* **WORK TO BE COMPLETED**: Report every line of the material that contains the string "abbrev".

━━━━

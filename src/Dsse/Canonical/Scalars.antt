-- ===== src/Dsse/Canonical/Scalars.antt =====
-- crates/aep-core/src/dsse.rs: how the canonical JSON of a scalar, an array and an object begins.
use wasmagent_proxy.Base.{
  ℕ, ◌≡◌, ◌≢◌, ◌⊎◌, inl, inr, refl, sym, ap, ◌∙◌, [], ◌∷◌, ◌++◌, append-nil, Text, codes, arith,
}
use wasmagent_proxy.Json.{Value, null, boolean, number, string, array, object, Items, Map, Crates}
use wasmagent_proxy.Json.Members.{Entry}
use wasmagent_proxy.Dsse.Canonical.Joined.{IsDelimiter, Begun}
use wasmagent_proxy.Dsse.Canonical.Texts.{
  IsScalar, can, pair_text, object_text, array_text, scalar_text,
}

-- The text of a scalar begins neither like an end nor like an array or an object.
pub record IsPlain (s : Text) : Type 0 where
  pub begun : Begun s
  pub no_object : begun.start ≢ b'{'
  pub no_array : begun.start ≢ b'['

-- What is printed with a first character that the other lacks differs.
start_differs : {c : ℕ} (r q s t : Text) (b : Begun q) → b.start ≢ c → ¬ ((c ∷ r) ++ s ≡ q ++ t)
start_differs r q s t b other e =
    let e' : _ ∷ (r ++ s) ≡ b.start ∷ (b.rest ++ t) = e ∙ ap (λ q. q ++ t) b.spelled in
    other (sym (cc e'))

module _ (x : Crates) (plain : (v : Value) → IsScalar v → IsPlain (x.to_string v)) where
  abbrev text : Value → Text
  text = can x

  abbrev pair : Entry → Text
  pair = pair_text x

  pub scalar-IsPlain : (v : Value) → IsScalar v → IsPlain (text v)
  scalar-IsPlain v h = rw (scalar_text x v h) (plain v h)

  abbrev pub Kind : Value → Type 0
  Kind v = IsScalar v ⊎ ((xs : Items) × (v ≡ array xs)) ⊎ ((m : Map) × (v ≡ object m))

  pub kind : (v : Value) → Kind v
  kind null = inl tt
  kind (boolean b) = inl tt
  kind (number n) = inl tt
  kind (string s) = inl tt
  kind (array xs) = inr (inl (xs, refl))
  kind (object m) = inr (inr (m, refl))

  opening-Begun : (c : ℕ) (r q : Text) → q ≡ c ∷ r → ¬ IsDelimiter c → Begun q
  opening-Begun c r q e other = record { start = c; rest = r; spelled = e; other = other }

  pub can-Begun : (v : Value) → Begun (text v)
  can-Begun v = elim (kind v) [
    | inl scalar ↦ (scalar-IsPlain v scalar).begun
    | inr (inl (xs, e)) ↦ rw e (
        opening-Begun b'[' _ (text (array xs)) (sym (append-nil _) ∙ array_text x xs [])
          (λ d. ground arith))
    | inr (inr (m, e)) ↦ rw e (
        opening-Begun b'{' _ (text (object m)) (sym (append-nil _) ∙ object_text x m [])
          (λ d. ground arith))
  ]

  pub pair_text-Begun : (e : Entry) → Begun (pair e)
  pair_text-Begun (k, v) =
      let b = (plain (string k) tt).begun in
      record {
        start = b.start;
        rest = b.rest ++ (codes ":" ++ text v);
        spelled = ap (λ q. q ++ (codes ":" ++ text v)) b.spelled;
        other = b.other;
      }

  pub object_not_scalar :
      (m : Map) (w : Value) (s t : Text) → IsScalar w → ¬ (text (object m) ++ s ≡ text w ++ t)
  object_not_scalar m w s t scalar e =
      let p = scalar-IsPlain w scalar in
      start_differs _ (text w) [] t p.begun p.no_object
        (append-nil _ ∙ (sym (object_text x m s) ∙ e))

  pub array_not_scalar :
      (xs : Items) (w : Value) (s t : Text) → IsScalar w → ¬ (text (array xs) ++ s ≡ text w ++ t)
  array_not_scalar xs w s t scalar e =
      let p = scalar-IsPlain w scalar in
      start_differs _ (text w) [] t p.begun p.no_array
        (append-nil _ ∙ (sym (array_text x xs s) ∙ e))

  pub object_not_array :
      (m : Map) (xs : Items) (s t : Text) → ¬ (text (object m) ++ s ≡ text (array xs) ++ t)
  object_not_array m xs s t e =
      absurd (ground (arith, sym (object_text x m s) ∙ (e ∙ array_text x xs t)))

━━━━

* **EXERCISE RESPONSE**:
  abbrev text : Value → Text
  abbrev pair : Entry → Text
  abbrev pub Kind : Value → Type 0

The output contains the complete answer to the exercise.